* _WORK REQUEST_
Only lines holding "object" are needed; copy each of them from the data below.
╭─ DATA UNDER STUDY
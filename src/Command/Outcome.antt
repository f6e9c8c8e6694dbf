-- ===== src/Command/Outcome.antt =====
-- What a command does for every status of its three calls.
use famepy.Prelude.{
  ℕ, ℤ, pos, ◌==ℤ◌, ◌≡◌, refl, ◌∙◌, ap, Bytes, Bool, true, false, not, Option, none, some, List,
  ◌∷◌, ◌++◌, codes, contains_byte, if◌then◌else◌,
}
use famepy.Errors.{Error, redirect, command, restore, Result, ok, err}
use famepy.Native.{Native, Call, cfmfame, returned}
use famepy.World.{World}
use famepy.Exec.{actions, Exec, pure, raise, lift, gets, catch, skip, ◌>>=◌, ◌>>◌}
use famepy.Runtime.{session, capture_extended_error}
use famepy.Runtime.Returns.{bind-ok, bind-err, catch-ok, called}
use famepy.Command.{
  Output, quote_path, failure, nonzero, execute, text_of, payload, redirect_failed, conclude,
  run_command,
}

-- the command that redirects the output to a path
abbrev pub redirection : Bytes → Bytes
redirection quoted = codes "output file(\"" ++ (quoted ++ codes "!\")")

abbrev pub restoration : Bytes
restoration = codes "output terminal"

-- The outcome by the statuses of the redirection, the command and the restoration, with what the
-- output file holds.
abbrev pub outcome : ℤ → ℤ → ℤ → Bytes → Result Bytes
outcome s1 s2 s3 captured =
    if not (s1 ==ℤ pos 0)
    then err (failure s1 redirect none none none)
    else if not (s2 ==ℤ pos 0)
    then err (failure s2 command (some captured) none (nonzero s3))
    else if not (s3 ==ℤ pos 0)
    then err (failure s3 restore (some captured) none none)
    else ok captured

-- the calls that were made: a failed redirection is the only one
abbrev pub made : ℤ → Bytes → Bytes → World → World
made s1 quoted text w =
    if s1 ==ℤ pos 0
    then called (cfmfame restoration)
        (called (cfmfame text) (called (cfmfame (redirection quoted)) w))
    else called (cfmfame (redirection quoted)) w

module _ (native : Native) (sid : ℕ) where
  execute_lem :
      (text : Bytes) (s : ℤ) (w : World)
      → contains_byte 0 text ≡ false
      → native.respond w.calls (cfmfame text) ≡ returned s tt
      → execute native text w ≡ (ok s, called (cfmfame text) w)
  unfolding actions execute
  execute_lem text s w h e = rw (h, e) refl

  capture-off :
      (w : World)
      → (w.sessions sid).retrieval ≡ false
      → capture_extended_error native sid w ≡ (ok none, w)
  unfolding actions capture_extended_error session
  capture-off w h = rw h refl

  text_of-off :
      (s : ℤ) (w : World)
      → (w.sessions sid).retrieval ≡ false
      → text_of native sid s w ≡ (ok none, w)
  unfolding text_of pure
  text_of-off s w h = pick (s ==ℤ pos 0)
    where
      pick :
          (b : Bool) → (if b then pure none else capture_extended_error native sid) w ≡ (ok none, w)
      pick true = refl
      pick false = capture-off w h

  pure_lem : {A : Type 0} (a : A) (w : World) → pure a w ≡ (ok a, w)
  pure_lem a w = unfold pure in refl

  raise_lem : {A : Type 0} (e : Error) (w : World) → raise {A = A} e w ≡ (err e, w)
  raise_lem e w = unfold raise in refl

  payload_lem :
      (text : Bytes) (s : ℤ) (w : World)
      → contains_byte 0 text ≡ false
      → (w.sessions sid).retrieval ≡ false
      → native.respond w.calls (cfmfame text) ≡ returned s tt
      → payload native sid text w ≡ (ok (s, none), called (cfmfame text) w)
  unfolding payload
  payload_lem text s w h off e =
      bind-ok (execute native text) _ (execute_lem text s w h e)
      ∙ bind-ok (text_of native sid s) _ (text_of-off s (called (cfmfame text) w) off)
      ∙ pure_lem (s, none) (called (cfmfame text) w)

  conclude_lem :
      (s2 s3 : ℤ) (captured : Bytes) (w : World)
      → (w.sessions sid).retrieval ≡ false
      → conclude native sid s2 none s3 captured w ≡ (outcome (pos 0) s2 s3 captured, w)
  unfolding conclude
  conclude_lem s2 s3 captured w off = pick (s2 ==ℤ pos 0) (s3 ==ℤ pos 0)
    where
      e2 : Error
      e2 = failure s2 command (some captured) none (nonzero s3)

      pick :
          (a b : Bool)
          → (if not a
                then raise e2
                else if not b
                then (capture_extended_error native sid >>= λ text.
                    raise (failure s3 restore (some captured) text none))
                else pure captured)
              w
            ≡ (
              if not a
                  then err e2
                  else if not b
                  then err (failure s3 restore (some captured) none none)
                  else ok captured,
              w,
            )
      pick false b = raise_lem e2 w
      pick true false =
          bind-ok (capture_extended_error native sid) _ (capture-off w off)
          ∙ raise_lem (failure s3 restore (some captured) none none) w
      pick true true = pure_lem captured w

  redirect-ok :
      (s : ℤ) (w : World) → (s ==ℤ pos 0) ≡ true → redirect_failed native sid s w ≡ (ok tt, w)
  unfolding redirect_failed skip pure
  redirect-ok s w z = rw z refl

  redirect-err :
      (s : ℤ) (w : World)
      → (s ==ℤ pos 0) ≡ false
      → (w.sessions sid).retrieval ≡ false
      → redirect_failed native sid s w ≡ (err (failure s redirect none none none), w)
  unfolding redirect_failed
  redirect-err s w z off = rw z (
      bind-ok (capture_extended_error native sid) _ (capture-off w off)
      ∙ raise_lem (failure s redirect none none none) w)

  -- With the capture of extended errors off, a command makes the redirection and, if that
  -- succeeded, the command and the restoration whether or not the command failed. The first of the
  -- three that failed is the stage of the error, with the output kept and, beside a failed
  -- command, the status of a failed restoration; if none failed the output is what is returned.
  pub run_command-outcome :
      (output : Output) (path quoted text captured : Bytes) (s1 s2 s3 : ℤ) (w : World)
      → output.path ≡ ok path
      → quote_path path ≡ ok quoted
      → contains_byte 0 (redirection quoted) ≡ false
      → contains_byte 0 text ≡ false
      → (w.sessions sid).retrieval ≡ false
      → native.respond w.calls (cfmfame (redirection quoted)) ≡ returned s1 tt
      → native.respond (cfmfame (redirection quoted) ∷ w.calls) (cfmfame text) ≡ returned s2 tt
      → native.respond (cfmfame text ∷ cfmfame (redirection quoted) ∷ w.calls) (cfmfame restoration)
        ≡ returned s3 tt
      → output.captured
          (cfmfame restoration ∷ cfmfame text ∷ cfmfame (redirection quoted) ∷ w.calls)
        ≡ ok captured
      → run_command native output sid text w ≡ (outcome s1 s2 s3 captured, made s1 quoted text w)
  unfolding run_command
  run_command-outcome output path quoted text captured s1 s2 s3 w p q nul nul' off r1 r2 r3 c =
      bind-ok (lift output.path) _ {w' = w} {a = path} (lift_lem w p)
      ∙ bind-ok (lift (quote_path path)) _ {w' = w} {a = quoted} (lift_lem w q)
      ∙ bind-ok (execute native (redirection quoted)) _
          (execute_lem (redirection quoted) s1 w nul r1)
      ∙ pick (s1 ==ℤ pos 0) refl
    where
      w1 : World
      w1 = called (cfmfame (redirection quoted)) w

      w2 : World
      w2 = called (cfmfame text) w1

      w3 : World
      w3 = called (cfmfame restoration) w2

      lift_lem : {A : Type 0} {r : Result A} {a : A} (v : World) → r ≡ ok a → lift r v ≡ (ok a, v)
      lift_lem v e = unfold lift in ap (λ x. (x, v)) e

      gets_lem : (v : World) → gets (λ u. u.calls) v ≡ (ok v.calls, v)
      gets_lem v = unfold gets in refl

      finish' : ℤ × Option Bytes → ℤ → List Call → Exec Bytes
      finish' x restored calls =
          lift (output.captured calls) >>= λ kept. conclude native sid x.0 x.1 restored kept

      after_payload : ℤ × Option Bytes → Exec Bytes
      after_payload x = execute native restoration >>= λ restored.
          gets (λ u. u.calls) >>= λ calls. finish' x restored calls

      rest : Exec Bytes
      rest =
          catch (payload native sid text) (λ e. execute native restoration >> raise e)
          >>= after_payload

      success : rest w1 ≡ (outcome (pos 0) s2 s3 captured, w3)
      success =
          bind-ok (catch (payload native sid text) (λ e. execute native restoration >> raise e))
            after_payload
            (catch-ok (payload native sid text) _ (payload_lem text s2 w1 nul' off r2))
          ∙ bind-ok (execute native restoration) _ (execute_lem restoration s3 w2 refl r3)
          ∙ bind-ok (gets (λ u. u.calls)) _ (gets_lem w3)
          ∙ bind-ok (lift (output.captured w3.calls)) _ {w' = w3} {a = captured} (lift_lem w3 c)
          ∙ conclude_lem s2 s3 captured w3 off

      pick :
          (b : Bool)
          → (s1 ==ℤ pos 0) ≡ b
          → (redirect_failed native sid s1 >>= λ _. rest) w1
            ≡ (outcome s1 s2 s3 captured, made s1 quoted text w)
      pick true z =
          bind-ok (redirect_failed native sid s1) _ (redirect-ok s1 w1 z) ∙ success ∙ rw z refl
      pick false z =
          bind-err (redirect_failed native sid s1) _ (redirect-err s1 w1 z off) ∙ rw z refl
╰─
╭─ DATA UNDER STUDY
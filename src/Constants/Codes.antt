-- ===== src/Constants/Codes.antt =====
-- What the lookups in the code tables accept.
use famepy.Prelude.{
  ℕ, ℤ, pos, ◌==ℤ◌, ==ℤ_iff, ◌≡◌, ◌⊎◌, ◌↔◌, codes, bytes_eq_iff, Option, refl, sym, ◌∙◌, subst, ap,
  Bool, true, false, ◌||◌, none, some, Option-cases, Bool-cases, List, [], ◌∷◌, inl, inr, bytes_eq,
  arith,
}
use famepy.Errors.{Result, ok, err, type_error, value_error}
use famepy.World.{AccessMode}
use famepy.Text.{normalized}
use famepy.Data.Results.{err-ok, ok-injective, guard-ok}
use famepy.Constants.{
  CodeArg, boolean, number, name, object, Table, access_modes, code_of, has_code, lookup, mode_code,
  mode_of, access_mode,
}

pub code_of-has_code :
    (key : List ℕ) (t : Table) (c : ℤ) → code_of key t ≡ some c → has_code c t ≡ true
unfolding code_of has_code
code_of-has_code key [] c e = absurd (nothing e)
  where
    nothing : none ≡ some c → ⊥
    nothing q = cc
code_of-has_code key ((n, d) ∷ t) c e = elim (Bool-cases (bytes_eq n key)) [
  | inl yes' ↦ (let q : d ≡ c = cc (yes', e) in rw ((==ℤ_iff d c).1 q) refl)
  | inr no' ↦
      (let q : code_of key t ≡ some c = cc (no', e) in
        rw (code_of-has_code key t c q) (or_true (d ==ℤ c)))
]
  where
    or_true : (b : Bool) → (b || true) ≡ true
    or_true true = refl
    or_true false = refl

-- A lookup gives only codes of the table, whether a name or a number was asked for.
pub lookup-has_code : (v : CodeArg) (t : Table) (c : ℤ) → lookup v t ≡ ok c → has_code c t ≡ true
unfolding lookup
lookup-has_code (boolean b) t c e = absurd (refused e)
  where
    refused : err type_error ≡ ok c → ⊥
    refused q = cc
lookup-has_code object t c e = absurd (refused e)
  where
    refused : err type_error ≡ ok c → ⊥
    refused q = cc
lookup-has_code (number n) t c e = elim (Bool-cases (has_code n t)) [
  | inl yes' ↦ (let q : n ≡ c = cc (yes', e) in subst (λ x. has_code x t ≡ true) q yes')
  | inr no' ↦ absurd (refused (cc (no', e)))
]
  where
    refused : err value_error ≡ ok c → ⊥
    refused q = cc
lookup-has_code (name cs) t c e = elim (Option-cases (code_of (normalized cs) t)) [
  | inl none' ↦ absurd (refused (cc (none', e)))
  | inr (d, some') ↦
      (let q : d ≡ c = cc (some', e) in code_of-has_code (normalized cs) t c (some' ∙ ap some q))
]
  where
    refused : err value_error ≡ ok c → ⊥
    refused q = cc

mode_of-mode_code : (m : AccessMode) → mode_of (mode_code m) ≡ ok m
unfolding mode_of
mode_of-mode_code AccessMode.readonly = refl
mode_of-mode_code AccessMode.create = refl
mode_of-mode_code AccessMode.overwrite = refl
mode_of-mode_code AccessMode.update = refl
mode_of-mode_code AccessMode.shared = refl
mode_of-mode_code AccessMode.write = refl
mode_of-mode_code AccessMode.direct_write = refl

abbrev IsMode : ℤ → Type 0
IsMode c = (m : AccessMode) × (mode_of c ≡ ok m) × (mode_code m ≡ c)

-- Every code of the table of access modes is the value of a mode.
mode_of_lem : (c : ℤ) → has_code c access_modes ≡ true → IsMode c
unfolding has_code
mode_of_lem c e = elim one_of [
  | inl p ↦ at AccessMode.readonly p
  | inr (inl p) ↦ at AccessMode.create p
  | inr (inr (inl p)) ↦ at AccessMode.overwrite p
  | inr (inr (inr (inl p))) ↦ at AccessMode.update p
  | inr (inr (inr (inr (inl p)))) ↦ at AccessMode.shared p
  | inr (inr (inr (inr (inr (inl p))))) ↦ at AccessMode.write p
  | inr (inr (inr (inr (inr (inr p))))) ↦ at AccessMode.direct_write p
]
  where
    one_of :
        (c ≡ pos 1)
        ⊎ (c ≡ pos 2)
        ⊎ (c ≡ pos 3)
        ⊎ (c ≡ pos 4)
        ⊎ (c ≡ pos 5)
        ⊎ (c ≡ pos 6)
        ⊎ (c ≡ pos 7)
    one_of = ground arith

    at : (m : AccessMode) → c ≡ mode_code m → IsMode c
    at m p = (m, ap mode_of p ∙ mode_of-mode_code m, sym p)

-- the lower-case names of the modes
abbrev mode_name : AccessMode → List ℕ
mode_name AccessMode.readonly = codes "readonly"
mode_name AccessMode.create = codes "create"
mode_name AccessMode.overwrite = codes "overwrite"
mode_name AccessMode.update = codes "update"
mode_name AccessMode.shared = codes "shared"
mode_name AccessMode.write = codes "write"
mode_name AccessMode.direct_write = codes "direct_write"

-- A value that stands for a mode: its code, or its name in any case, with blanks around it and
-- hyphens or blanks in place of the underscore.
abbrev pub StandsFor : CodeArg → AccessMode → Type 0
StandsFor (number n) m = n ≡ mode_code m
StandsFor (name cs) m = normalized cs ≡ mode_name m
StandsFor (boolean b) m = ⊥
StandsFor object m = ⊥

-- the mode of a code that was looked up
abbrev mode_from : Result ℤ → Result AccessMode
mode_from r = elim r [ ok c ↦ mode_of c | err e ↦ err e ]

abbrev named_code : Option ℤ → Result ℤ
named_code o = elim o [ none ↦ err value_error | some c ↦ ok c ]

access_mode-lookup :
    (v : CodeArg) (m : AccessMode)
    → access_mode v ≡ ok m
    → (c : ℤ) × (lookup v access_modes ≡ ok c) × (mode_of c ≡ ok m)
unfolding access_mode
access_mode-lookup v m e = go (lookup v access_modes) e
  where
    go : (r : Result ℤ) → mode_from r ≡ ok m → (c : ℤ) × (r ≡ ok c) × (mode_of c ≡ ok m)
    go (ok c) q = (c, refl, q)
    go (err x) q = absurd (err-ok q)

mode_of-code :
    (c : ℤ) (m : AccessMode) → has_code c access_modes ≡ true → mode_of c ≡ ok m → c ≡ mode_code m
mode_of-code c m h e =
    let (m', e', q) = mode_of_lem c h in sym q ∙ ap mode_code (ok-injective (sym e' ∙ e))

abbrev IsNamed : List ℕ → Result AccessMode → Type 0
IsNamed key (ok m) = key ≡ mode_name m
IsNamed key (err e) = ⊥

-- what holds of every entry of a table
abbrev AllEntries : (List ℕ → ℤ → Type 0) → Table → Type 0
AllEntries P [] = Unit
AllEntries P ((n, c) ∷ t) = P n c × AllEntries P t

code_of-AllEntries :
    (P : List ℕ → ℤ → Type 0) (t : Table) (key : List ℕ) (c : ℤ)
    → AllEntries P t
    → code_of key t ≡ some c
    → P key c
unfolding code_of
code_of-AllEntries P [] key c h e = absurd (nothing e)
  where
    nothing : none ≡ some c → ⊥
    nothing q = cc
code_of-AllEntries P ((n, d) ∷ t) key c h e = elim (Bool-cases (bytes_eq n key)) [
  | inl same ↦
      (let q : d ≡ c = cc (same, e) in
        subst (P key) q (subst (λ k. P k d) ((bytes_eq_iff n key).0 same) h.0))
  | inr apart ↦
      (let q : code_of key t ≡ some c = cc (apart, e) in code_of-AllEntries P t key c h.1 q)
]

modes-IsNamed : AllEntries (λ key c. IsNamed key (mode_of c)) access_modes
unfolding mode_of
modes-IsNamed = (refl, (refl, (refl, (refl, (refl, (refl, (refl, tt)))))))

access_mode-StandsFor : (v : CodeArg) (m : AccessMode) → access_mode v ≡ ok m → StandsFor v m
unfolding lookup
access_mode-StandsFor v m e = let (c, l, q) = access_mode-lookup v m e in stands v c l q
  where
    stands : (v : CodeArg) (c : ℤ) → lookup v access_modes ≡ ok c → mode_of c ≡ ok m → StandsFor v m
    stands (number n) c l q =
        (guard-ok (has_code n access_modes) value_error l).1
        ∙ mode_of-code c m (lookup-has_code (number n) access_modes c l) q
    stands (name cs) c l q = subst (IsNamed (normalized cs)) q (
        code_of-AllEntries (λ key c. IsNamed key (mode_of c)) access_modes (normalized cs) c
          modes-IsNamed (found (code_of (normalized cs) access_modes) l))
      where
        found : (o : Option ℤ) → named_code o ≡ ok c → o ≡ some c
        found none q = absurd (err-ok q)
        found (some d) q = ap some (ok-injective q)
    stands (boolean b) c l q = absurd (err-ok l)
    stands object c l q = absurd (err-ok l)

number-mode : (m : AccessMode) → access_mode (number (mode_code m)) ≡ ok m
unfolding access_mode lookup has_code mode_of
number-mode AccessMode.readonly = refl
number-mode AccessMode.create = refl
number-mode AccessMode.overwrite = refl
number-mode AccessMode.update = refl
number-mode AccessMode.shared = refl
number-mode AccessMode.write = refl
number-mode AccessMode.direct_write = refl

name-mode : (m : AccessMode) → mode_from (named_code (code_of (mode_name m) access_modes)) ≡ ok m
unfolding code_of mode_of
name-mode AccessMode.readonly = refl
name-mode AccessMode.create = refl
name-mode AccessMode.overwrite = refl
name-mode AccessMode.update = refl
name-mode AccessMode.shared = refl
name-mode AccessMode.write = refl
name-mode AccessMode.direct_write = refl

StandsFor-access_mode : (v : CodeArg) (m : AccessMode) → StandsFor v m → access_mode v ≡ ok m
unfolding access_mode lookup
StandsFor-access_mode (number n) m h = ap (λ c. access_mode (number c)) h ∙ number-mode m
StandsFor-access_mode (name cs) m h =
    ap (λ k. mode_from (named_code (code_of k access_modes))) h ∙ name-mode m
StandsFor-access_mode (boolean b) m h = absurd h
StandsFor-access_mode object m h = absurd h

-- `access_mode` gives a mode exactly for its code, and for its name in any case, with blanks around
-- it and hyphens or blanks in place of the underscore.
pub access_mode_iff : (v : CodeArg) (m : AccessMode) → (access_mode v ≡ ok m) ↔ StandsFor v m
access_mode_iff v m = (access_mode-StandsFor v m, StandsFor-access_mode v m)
╰─
* _SOLUTION_
  CodeArg, boolean, number, name, object, Table, access_modes, code_of, has_code, lookup, mode_code,
lookup-has_code object t c e = absurd (refused e)
StandsFor object m = ⊥
    stands object c l q = absurd (err-ok l)
StandsFor-access_mode object m h = absurd h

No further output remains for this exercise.